About this exercise =
Transcribe, word for word and without additions, each line below from the one containing "key) ≡ true" through the one containing "lookup_later host key seen xs h = rw h refl", both ends included.

Dataset records =
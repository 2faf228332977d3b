-- ===== src/Gateway/Logins.antt =====
-- `allowOfflineLogin`: how often an address may wake the server. A time is a number of
-- nanoseconds; the map of the latest attempts is the list of its entries.
use mathlib.Core.Path.{subst}
use hogs.Prelude.{
  ℕ, ◌+◌, ◌-◌, ◌*◌, ◌≤◌, ◌<◌, Bool, true, false, not, Option, none, some, List, [], ◌∷◌, String,
  ltb, keep, length, All, ◌==◌, eq_refl, eq_iff, if◌then◌else◌, ◌≡◌, refl, sym, ap, ◌∙◌, arith,
  Bool-cases, inl, inr,
}

abbrev pub Attempts : Type 0
Attempts = List (String × ℕ)

unfoldable pub lookup : String → Attempts → Option ℕ
lookup host [] = none
lookup host ((key, seen) ∷ rest) =
    let later = lookup host rest in if host == key then some seen else later

-- g.loginAttempts[host] = now
unfoldable pub store : String → ℕ → Attempts → Attempts
store host now [] = (host, now) ∷ []
store host now ((key, seen) ∷ rest) =
    let later = store host now rest in
    if host == key then (key, now) ∷ rest else (key, seen) ∷ later

-- An entry that the cleanup leaves: it is not before the cutoff, two rate limits ago.
unfoldable pub is_recent : ℕ → ℕ → String × ℕ → Bool
is_recent limit now (key, seen) = not (ltb (seen + 2 * limit) now)

unfoldable pub record_login : ℕ → String → ℕ → Attempts → Attempts
unfolding store is_recent
record_login limit host now attempts =
    let stored = store host now attempts in
    if ltb 1024 (length stored) then keep (is_recent limit now) stored else stored

unfoldable pub is_early : ℕ → ℕ → Option ℕ → Bool
is_early limit now none = false
is_early limit now (some previous) = ltb (now - previous) limit

-- `allowOfflineLogin`: the attempts, and whether the login is allowed.
unfoldable pub allow_offline_login : ℕ → Attempts → String → ℕ → Attempts × Bool
unfolding lookup record_login is_early
allow_offline_login limit attempts host now =
    if is_early limit now (lookup host attempts)
    then (attempts, false)
    else (record_login limit host now attempts, true)

-- Logins in order, each an address and a time.
unfoldable pub logins : ℕ → List (String × ℕ) → Attempts → Attempts
unfolding allow_offline_login
logins limit [] attempts = attempts
logins limit ((host, now) ∷ rest) attempts =
    logins limit rest (allow_offline_login limit attempts host now).0

lookup-store :
    (host : String) (now : ℕ) (xs : Attempts) → lookup host (store host now xs) ≡ some now
unfolding lookup store
lookup-store host now [] = rw (eq_refl host) refl
lookup-store host now ((key, seen) ∷ xs) = elim (Bool-cases (host == key)) [
  | inl e ↦ rw (e, e) refl
  | inr e ↦ rw (e, e) (lookup-store host now xs)
]

lookup-store_other :
    (host other : String) (now : ℕ) (xs : Attempts)
    → (host == other) ≡ false
    → lookup host (store other now xs) ≡ lookup host xs
unfolding lookup store
lookup-store_other host other now [] h = rw h refl
lookup-store_other host other now ((key, seen) ∷ xs) h = elim (Bool-cases (other == key)) [
  | inl o ↦
      let same : other ≡ key = (eq_iff other key).0 o in
      let apart : (host == key) ≡ false = subst (λ (k : String). (host == k) ≡ false) same h in
      rw (o, apart) refl
  | inr o ↦ elim (Bool-cases (host == key)) [
    | inl e ↦ rw (o, e) refl
    | inr e ↦ rw (o, e) (lookup-store_other host other now xs h)
  ]
]

lookup_here :
    (host key : String) (seen : ℕ) (xs : Attempts)
    → (host == key) ≡ true
    → lookup host ((key, seen) ∷ xs) ≡ some seen
unfolding lookup
lookup_here host key seen xs h = rw h refl

lookup_later :
    (host key : String) (seen : ℕ) (xs : Attempts)
    → (host == key) ≡ false
    → lookup host ((key, seen) ∷ xs) ≡ lookup host xs
unfolding lookup
lookup_later host key seen xs h = rw h refl

some_time : (a b : ℕ) → some a ≡ some b → a ≡ b
some_time a b h = cc

lookup-keep :
    (p : String × ℕ → Bool) (q : ℕ → Bool) (host : String) (t : ℕ) (xs : Attempts)
    → ((key : String) (seen : ℕ) → p (key, seen) ≡ q seen)
    → q t ≡ true
    → lookup host xs ≡ some t
    → lookup host (keep p xs) ≡ some t
unfolding lookup
lookup-keep p q host t [] e k h = h
lookup-keep p q host t ((key, seen) ∷ xs) e k h = elim (Bool-cases (host == key)) [
  | inl m ↦
      let same : seen ≡ t = some_time seen t (sym (lookup_here host key seen xs m) ∙ h) in
      let kept : p (key, seen) ≡ true = e key seen ∙ ap q same ∙ k in
      rw (kept, m) (ap (λ (n : ℕ). some n) same)
  | inr m ↦
      let r = lookup-keep p q host t xs e k (sym (lookup_later host key seen xs m) ∙ h) in
      elim (Bool-cases (p (key, seen))) [ inl b ↦ rw (b, m) r | inr b ↦ rw b r ]
]

-- The attempt of an address is still there after another address is recorded, within two limits.
lookup-record_login :
    (limit : ℕ) (host other : String) (t now : ℕ) (xs : Attempts)
    → (host == other) ≡ false
    → now ≤ t + 2 * limit
    → lookup host xs ≡ some t
    → lookup host (record_login limit other now xs) ≡ some t
unfolding record_login is_recent
lookup-record_login limit host other t now xs h b e =
    let k = lookup-store_other host other now xs h ∙ e in
    elim (Bool-cases (ltb 1024 (length (store other now xs)))) [
      | inl big ↦ rw big (
          lookup-keep (is_recent limit now) (λ seen. not (ltb (seen + 2 * limit) now)) host t
            (store other now xs) (λ key seen. refl) (ground arith) k)
      | inr small ↦ rw small k
    ]

recorded_login :
    (limit : ℕ) (host : String) (now : ℕ) (xs : Attempts)
    → lookup host (record_login limit host now xs) ≡ some now
unfolding record_login is_recent
recorded_login limit host now xs =
    let k = lookup-store host now xs in
    elim (Bool-cases (ltb 1024 (length (store host now xs)))) [
      | inl big ↦ rw big (
          lookup-keep (is_recent limit now) (λ seen. not (ltb (seen + 2 * limit) now)) host now
            (store host now xs) (λ key seen. refl) (ground arith) k)
      | inr small ↦ rw small k
    ]

not_both : (b : Bool) → b ≡ true → b ≡ false → ⊥
not_both b h k = cc

early_within :
    (limit t now : ℕ) (xs : Attempts) (host : String)
    → t ≤ now
    → now < t + limit
    → lookup host xs ≡ some t
    → is_early limit now (lookup host xs) ≡ true
unfolding is_early
early_within limit t now xs host a b e = rw e (ground (arith, a, b))

-- One login, of whatever address, within the limit of an attempt.
lookup-allow_offline_login :
    (limit : ℕ) (host other : String) (t now : ℕ) (xs : Attempts)
    → t ≤ now
    → now < t + limit
    → lookup host xs ≡ some t
    → lookup host (allow_offline_login limit xs other now).0 ≡ some t
unfolding allow_offline_login is_early
lookup-allow_offline_login limit host other t now xs a b e =
    elim (Bool-cases (is_early limit now (lookup other xs))) [
      | inl early ↦ rw early e
      | inr late ↦ elim (Bool-cases (host == other)) [
        | inl m ↦
            let same : host ≡ other = (eq_iff host other).0 m in
            let there : lookup other xs ≡ some t =
              subst (λ (o : String). lookup o xs ≡ some t) same e in
            absurd (not_both _ (early_within limit t now xs other a b there) late)
        | inr m ↦ rw late (lookup-record_login limit host other t now xs m (omega arith) e)
      ]
    ]

unfoldable pub Within : ℕ → ℕ → List (String × ℕ) → Type 0
Within limit t = All (λ login. (t ≤ login.1) × (login.1 < t + limit))

lookup-logins :
    (limit : ℕ) (host : String) (t : ℕ) (ls : List (String × ℕ)) (xs : Attempts)
    → Within limit t ls
    → lookup host xs ≡ some t
    → lookup host (logins limit ls xs) ≡ some t
unfolding logins Within
lookup-logins limit host t [] xs w e = e
lookup-logins limit host t ((other, now) ∷ ls) xs ((a, b), w) e =
    lookup-logins limit host t ls (allow_offline_login limit xs other now).0 w
      (lookup-allow_offline_login limit host other t now xs a b e)

allowed_lookup :
    (limit : ℕ) (host : String) (t : ℕ) (xs : Attempts)
    → (allow_offline_login limit xs host t).1 ≡ true
    → lookup host (allow_offline_login limit xs host t).0 ≡ some t
unfolding allow_offline_login
allowed_lookup limit host t xs h = elim (Bool-cases (is_early limit t (lookup host xs))) [
  | inl early ↦ absurd (not_both _ h (rw early refl))
  | inr late ↦ rw late (recorded_login limit host t xs)
]

-- After a login of an address that was allowed at t, every login of that address before t plus the
-- rate limit is refused, whatever logins of any addresses lie between, however many addresses the
-- gateway remembers and whichever it forgets.
pub allow_offline_login_again :
    (limit : ℕ) (host : String) (t now : ℕ) (ls : List (String × ℕ)) (xs : Attempts)
    → (allow_offline_login limit xs host t).1 ≡ true
    → Within limit t ls
    → t ≤ now
    → now < t + limit
    → (allow_offline_login limit
        (logins limit ls (allow_offline_login limit xs host t).0)
        host
        now).1
      ≡ false
unfolding allow_offline_login
allow_offline_login_again limit host t now ls xs h w a b =
    let before = allowed_lookup limit host t xs h in
    let ys = logins limit ls (allow_offline_login limit xs host t).0 in
    let there : lookup host ys ≡ some t =
      lookup-logins limit host t ls (allow_offline_login limit xs host t).0 w before in
    refused ys (early_within limit t now ys host a b there)
  where
    refused :
        (ys : Attempts)
        → is_early limit now (lookup host ys) ≡ true
        → (allow_offline_login limit ys host now).1 ≡ false
    refused ys e = rw e refl
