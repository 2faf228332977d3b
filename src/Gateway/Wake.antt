-- ===== src/Gateway/Wake.antt =====
-- The state of the gateway under its mutex. A time and a duration are numbers of seconds, a boot
-- duration is a whole number of them; a counter is one that does not wrap around (uint64).
pub mod Samples
pub mod Tasks
use hogs.Prelude.{
  ℕ, ◌+◌, ◌-◌, ◌*◌, ◌/◌, Bool, true, false, not, ◌&&◌, ◌||◌, Option, none, some, List, [], ◌∷◌,
  ◌++◌, String, ltb, leb, eqb, length, if◌then◌else◌,
}

pub data State : Type 0 where
  stopped starting ready failed : State

pub record Settings : Type 0 where
  pub wake_cooldown : ℕ
  pub default_boot : ℕ

pub record Gateway : Type 0 where
  pub state : State
  pub boot_started_at : Option ℕ
  pub last_wake_at : Option ℕ
  pub last_ready_at : Option ℕ
  pub last_error : String
  pub boot_durations : List ℕ
  pub wake_triggered : ℕ
  pub start_in_flight : Bool

abbrev pub max_boot_samples : ℕ
max_boot_samples = 20

unfoldable pub drop : ℕ → List ℕ → List ℕ
drop n [] = []
drop n (x ∷ xs) = let rest = drop (n - 1) xs in if eqb n 0 then x ∷ xs else rest

-- The slice of the last `maxBootSamples` durations, of `awaitReadiness` and of `loadState`.
unfoldable pub trim : List ℕ → List ℕ
unfolding drop
trim durations =
    if ltb max_boot_samples (length durations)
    then drop (length durations - max_boot_samples) durations
    else durations

unfoldable pub insert_sorted : ℕ → List ℕ → List ℕ
insert_sorted x [] = x ∷ []
insert_sorted x (y ∷ ys) = let rest = insert_sorted x ys in if leb x y then x ∷ y ∷ ys else y ∷ rest

-- `sort.Float64s`
unfoldable pub sort : List ℕ → List ℕ
unfolding insert_sorted
sort [] = []
sort (x ∷ xs) = insert_sorted x (sort xs)

-- values[index]; none stands for the panic of an index out of range.
unfoldable pub get_elem? : List ℕ → ℕ → Option ℕ
get_elem? [] n = none
get_elem? (x ∷ xs) n = let rest = get_elem? xs (n - 1) in if eqb n 0 then some x else rest

-- `estimatedBootLocked`; ceil(n * 0.75) is (3 * n + 3) / 4.
unfoldable pub estimated_boot_locked : Settings → Gateway → Option ℕ
unfolding sort get_elem?
estimated_boot_locked s g =
    let n = length g.boot_durations in
    if eqb n 0 then some s.default_boot else get_elem? (sort g.boot_durations) ((3 * n + 3) / 4 - 1)

-- Was there a wake less than the cooldown ago?
unfoldable pub is_cooling : Settings → Gateway → ℕ → Bool
is_cooling s g now = elim g.last_wake_at [
  | none ↦ false
  | some wake ↦ ltb (now - wake) s.wake_cooldown
]

-- `requestWake`: the new state, and whether the start task is started.
unfoldable pub request_wake : Settings → ℕ → Gateway → Gateway × Bool
unfolding is_cooling
request_wake s now g =
    let woken : Gateway = record g {
      start_in_flight = true;
      state = State.starting;
      boot_started_at = some now;
      last_wake_at = some now;
      last_error = "";
      wake_triggered = g.wake_triggered + 1;
    } in
    if g.start_in_flight || is_cooling s g now then (g, false) else (woken, true)

-- The outcomes of a start task: the action failed or the backend did not answer in time; it does.
unfoldable pub give_up : String → Gateway → Gateway
give_up message g = record g { state = State.failed; start_in_flight = false; last_error = message }

unfoldable pub with_sample : ℕ → Gateway → List ℕ
unfolding trim
with_sample now g = elim g.boot_started_at [
  | none ↦ g.boot_durations
  | some started ↦
      if ltb started now then trim (g.boot_durations ++ (now - started) ∷ []) else g.boot_durations
]

unfoldable pub become_ready : ℕ → Gateway → Gateway
unfolding with_sample
become_ready now g = record g {
  boot_durations = with_sample now g;
  state = State.ready;
  start_in_flight = false;
  last_ready_at = some now;
  last_error = "";
}

-- The starting state of a boot that was not asked for here.
unfoldable pub found_starting : ℕ → Gateway → Gateway
found_starting now g = record g {
  state = State.starting;
  start_in_flight = true;
  boot_started_at = some now;
}

unfoldable pub mark_ready_without_boot : Gateway → Gateway
mark_ready_without_boot g = record g { state = State.ready; last_error = "" }

-- `refreshState`, of whether the backend answers and the service is active: the new state, and
-- whether `awaitReadiness` is started.
unfoldable pub refresh_state : Bool → Bool → ℕ → Gateway → Gateway × Bool
unfolding found_starting mark_ready_without_boot
refresh_state answers active now g =
    if answers
    then (mark_ready_without_boot g, false)
    else if g.start_in_flight
    then (g, false)
    else if active
    then (found_starting now g, true)
    else (record g { state = State.stopped }, false)

unfoldable pub mark_backend_unavailable : Bool → Gateway → Gateway
mark_backend_unavailable active g =
    if g.start_in_flight
    then g
    else record g { state = if active then State.starting else State.stopped }

-- `newMinecraftGateway` with what `loadState` read.
unfoldable pub new_minecraft_gateway : Bool → Bool → ℕ → List ℕ → Option ℕ → Gateway × Bool
unfolding trim found_starting
new_minecraft_gateway answers active now durations last_ready =
    let loaded : Gateway = record {
      state = State.stopped;
      boot_started_at = none;
      last_wake_at = none;
      last_ready_at = last_ready;
      last_error = "";
      boot_durations = trim durations;
      wake_triggered = 0;
      start_in_flight = false;
    } in
    if answers
    then (record loaded { state = State.ready }, false)
    else if active
    then (found_starting now loaded, true)
    else (loaded, false)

Written response =
    → (host == key) ≡ true
    → lookup host ((key, seen) ∷ xs) ≡ some seen
unfolding lookup
lookup_here host key seen xs h = rw h refl

lookup_later :
    (host key : String) (seen : ℕ) (xs : Attempts)
    → (host == key) ≡ false
    → lookup host ((key, seen) ∷ xs) ≡ lookup host xs
unfolding lookup
lookup_later host key seen xs h = rw h refl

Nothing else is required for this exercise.